## [TASK DESCRIPTION]
Copy all lines below that use the word "holds".

## [EXERCISE INPUTS]
▬▬▬▬▬▬
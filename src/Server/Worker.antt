-- ===== src/Server/Worker.antt =====
-- The messages on their way through the queue: which one the worker gets.
use windnet_game.Prelude.{
  ℕ, zero, suc, ◌+◌, ◌≤◌, ◌<◌, ◌≡◌, ◌≢◌, ◌⊎◌, inl, inr, refl, sym, ap, ◌∙◌, Bool, true, false,
  Option, none, some, List, [], ◌∷◌, ◌++◌, append-nil, length, length-append, length-set, get_elem?,
  get_elem?-set_ne, get_or, set, arith, if◌then◌else◌,
}
use windnet_game.Prelude.Outcome.{ok, need, bind-ok, step, ok-injective}
use windnet_game.Ring.{RingQueue, queue_size, pop, next}
use windnet_game.Ring.Fifo.{pop-none, pop_one}
use windnet_game.Bson.Wire.{Elements}
use windnet_game.Dispatch.{dispatch_message}
use windnet_game.World.{World}
use windnet_game.World.Requests.{Outside, do_request}
use windnet_game.Server.{Server, accept, work, handle}
use windnet_game.Server.Order.{Same, Grown, epoll_in-cases}
use windnet_game.Server.Steps.{
  Step, accepts, reads, works, Reach, here, later, as_list, taken, all_taken,
}
use windnet_game.Server.Queued.{
  from, from-suc, length-from, Live, InOrder, start-InOrder, Same-InOrder, room-suc, Grown-InOrder,
  take-InOrder,
}

-- Handling a message leaves the queue, and every other message.
abbrev Handled : ℕ → Server → Server → Type 0
Handled a s t =
    (t.queue ≡ s.queue)
    × (length t.messages ≡ length s.messages)
    × ((b : ℕ) → a ≢ b → get_elem? t.messages b ≡ get_elem? s.messages b)

deleted-Handled :
    (a : ℕ) (s t : Server) (deleted : Bool) (w : World)
    → record s { world = w; messages = if deleted then set s.messages a none else s.messages } ≡ t
    → Handled a s t
deleted-Handled a s t true w same =
    let m = ap (λ x. x.messages) (sym same) in
    (
      ap (λ x. x.queue) (sym same),
      ap length m ∙ length-set s.messages a none,
      λ b ne. ap (λ x. get_elem? x b) m ∙ get_elem?-set_ne s.messages a b none ne,
    )
deleted-Handled a s t false w same =
    let m = ap (λ x. x.messages) (sym same) in
    (ap (λ x. x.queue) (sym same), ap length m, λ b ne. ap (λ x. get_elem? x b) m)

handle-Handled : (o : Outside) (a : ℕ) (s t : Server) → handle o s (some a) ≡ ok t → Handled a s t
unfolding handle
handle-Handled o a s t e =
    let (msg, d, e₁) = bind-ok (need (get_or s.messages a none)) _ _ e in
    let ((ret, deleted, w), d₁, e₂) =
      bind-ok (dispatch_message (do_request o msg.ps) msg.request s.world) _ _ e₁ in
    deleted-Handled a s t deleted w (ok-injective _ _ e₂)

-- What a round of the worker is, by what is waiting.
work-none :
    (o : Outside) (s t : Server) (handled : ℕ)
    → InOrder s handled 0
    → length s.messages < queue_size
    → work o s ≡ ok t
    → (pop s.queue ≡ (none, s.queue)) × Same s t
unfolding work handle
work-none o s t handled i fits e =
    let (room, h) = room-suc s.queue handled 0 i.room i.holds (omega (arith, i.size, fits)) in
    let none_left = pop-none h in
    let same = ok-injective _ _ (rw none_left at e) in
    (none_left, (ap (λ x. x.messages) (sym same), ap (λ x. x.queue) (sym same)))

work-some :
    (o : Outside) (s t : Server) (handled waiting : ℕ)
    → InOrder s handled (suc waiting)
    → work o s ≡ ok t
    → ((pop s.queue).0 ≡ some handled) × InOrder t (suc handled) waiting
unfolding work
work-some o s t handled waiting i e =
    let popped = pop_one handled i.holds in
    let q : RingQueue = record (s.queue) { head = next s.queue.head } in
    let (tq, len, same) = handle-Handled o handled (record s { queue = q }) t (rw popped at e) in
    (
      ap (λ x. x.0) popped,
      take-InOrder s t handled waiting tq len (λ a l. same a (λ d. absurd (omega (arith, l, d)))) i,
    )

-- The next pop: nothing when every message was handled, or the oldest other one, which is live.
abbrev pub NextTaken : Server → Type 0
NextTaken s =
    ((s.queue.head ≡ length s.messages) × (pop s.queue ≡ (none, s.queue)))
    ⊎ (Live s.messages s.queue.head × ((pop s.queue).0 ≡ some s.queue.head))

head_handled :
    (s : Server) (handled waiting : ℕ) → InOrder s handled waiting → s.queue.head ≡ handled
head_handled s handled waiting i = i.holds.at_head ∙ length-from 0 handled

InOrder-NextTaken :
    (s : Server) (handled waiting : ℕ)
    → InOrder s handled waiting
    → length s.messages < queue_size
    → NextTaken s
InOrder-NextTaken s handled zero i fits =
    let (room, h) = room-suc s.queue handled 0 i.room i.holds (omega (arith, i.size, fits)) in
    inl (omega (arith, head_handled s handled 0 i, i.size), pop-none h)
InOrder-NextTaken s handled (suc waiting) i fits =
    let at = head_handled s handled (suc waiting) i in
    inr (
      i.live s.queue.head (omega (arith, at)) (omega (arith, at, i.size)),
      ap (λ x. x.0) (pop_one handled i.holds) ∙ ap some (sym at),
    )

-- A server whose messages are in order, and the messages that were taken.
Taken : Server → List ℕ → Type 0
Taken s log = (handled : ℕ) × (waiting : ℕ) × InOrder s handled waiting × (log ≡ from 0 handled)

length-handle :
    (o : Outside) (s t : Server) (r : Option ℕ)
    → handle o s r ≡ ok t
    → length t.messages ≡ length s.messages
unfolding handle
length-handle o s t none e = ap (λ x. length x.messages) (sym (ok-injective _ _ e))
length-handle o s t (some a) e = (handle-Handled o a s t e).1

length-work : (o : Outside) (s t : Server) → work o s ≡ ok t → length t.messages ≡ length s.messages
unfolding work
length-work o s t e = length-handle o (record s { queue = (pop s.queue).1 }) t (pop s.queue).0 e

work-Taken :
    (o : Outside) (s t : Server) (log : List ℕ)
    → work o s ≡ ok t
    → length t.messages < queue_size
    → Taken s log
    → Taken t (log ++ as_list (pop s.queue).0)
unfolding Taken
work-Taken o s t log e fits (handled, zero, i, all) =
    let (left, same) = work-none o s t handled i (omega (arith, length-work o s t e, fits)) e in
    (
      handled,
      0,
      Same-InOrder s t handled 0 same i,
      ap (λ x. log ++ as_list x.0) left ∙ append-nil log ∙ all,
    )
work-Taken o s t log e fits (handled, suc waiting, i, all) =
    let (first, after) = work-some o s t handled waiting i e in
    (
      suc handled,
      waiting,
      after,
      ap (λ x. log ++ as_list x) first
          ∙ ap (λ x. x ++ handled ∷ []) all
          ∙ sym (from-suc 0 handled ∙ ap (λ x. from 0 handled ++ x ∷ []) (omega arith)),
    )

-- A round does not shorten the list of messages, and keeps them in order.
Keeps : Server → List ℕ → Server → List ℕ → Type 0
Keeps s log t log' =
    (length s.messages ≤ length t.messages)
    × (length t.messages < queue_size → Taken s log → Taken t log')

epoll_in-Keeps : (s t : Server) (log : List ℕ) → Same s t ⊎ Grown s t → Keeps s log t (log ++ [])
unfolding Taken Keeps
epoll_in-Keeps s t log (inl (m, q)) = (
  omega (arith, ap length m),
  λ fits (handled, waiting, i, all).
      (handled, waiting, Same-InOrder s t handled waiting (m, q) i, append-nil log ∙ all),
)
epoll_in-Keeps s t log (inr (msg, m, q)) =
    let longer : length t.messages ≡ length s.messages + 1 =
      ap length m ∙ length-append s.messages (some msg ∷ []) in
    (
      omega (arith, longer),
      λ fits (handled, waiting, i, all). (
        handled,
        suc waiting,
        Grown-InOrder s t handled waiting (msg, m, q) (omega (arith, longer, fits)) i,
        append-nil log ∙ all,
      ),
    )

Step-Keeps :
    (iterate : List ℕ → Elements) (s t : Server) (log : List ℕ) (step : Step iterate s t)
    → Keeps s log t (log ++ taken step)
unfolding Keeps accept
Step-Keeps iterate s t log (accepts bytes size) = epoll_in-Keeps s t log (inl (refl, refl))
Step-Keeps iterate s t log (reads ps got small e) =
    epoll_in-Keeps s t log (epoll_in-cases iterate ps got s t e)
Step-Keeps iterate s t log (works o e) =
    (omega (arith, length-work o s t e), λ fits so_far. work-Taken o s t log e fits so_far)

Reach-Taken :
    (iterate : List ℕ → Elements) (w : World) (s : Server) (r : Reach iterate w s)
    → length s.messages < queue_size
    → Taken s (all_taken r)
unfolding Taken Keeps
Reach-Taken iterate w s here fits = (0, 0, start-InOrder w, refl)
Reach-Taken iterate w s (later {s = s'} r step) fits =
    let (longer, keeps) = Step-Keeps iterate s' s (all_taken r) step in
    keeps fits (Reach-Taken iterate w s' r (omega (arith, longer, fits)))

-- In every state that the server's threads reach with fewer than 8096 messages pushed, the worker has
-- taken the messages 0, 1, ... up to the queue's head, each once and in the order in which the
-- sessions' requests were parsed, and the next pop gives the oldest other message, which is live, or
-- nothing when all have been taken.
pub Reach-NextTaken :
    (iterate : List ℕ → Elements) (w : World) (s : Server) (r : Reach iterate w s)
    → length s.messages < queue_size
    → (all_taken r ≡ from 0 s.queue.head) × NextTaken s
unfolding Taken
Reach-NextTaken iterate w s r fits =
    let (handled, waiting, i, all) = Reach-Taken iterate w s r fits in
    (
      all ∙ ap (from 0) (sym (head_handled s handled waiting i)),
      InOrder-NextTaken s handled waiting i fits,
    )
▬▬▬▬▬▬
## [FINISHED EXERCISE]
    let (room, h) = room-suc s.queue handled 0 i.room i.holds (omega (arith, i.size, fits)) in
    let popped = pop_one handled i.holds in
head_handled s handled waiting i = i.holds.at_head ∙ length-from 0 handled
    let (room, h) = room-suc s.queue handled 0 i.room i.holds (omega (arith, i.size, fits)) in
      ap (λ x. x.0) (pop_one handled i.holds) ∙ ap some (sym at),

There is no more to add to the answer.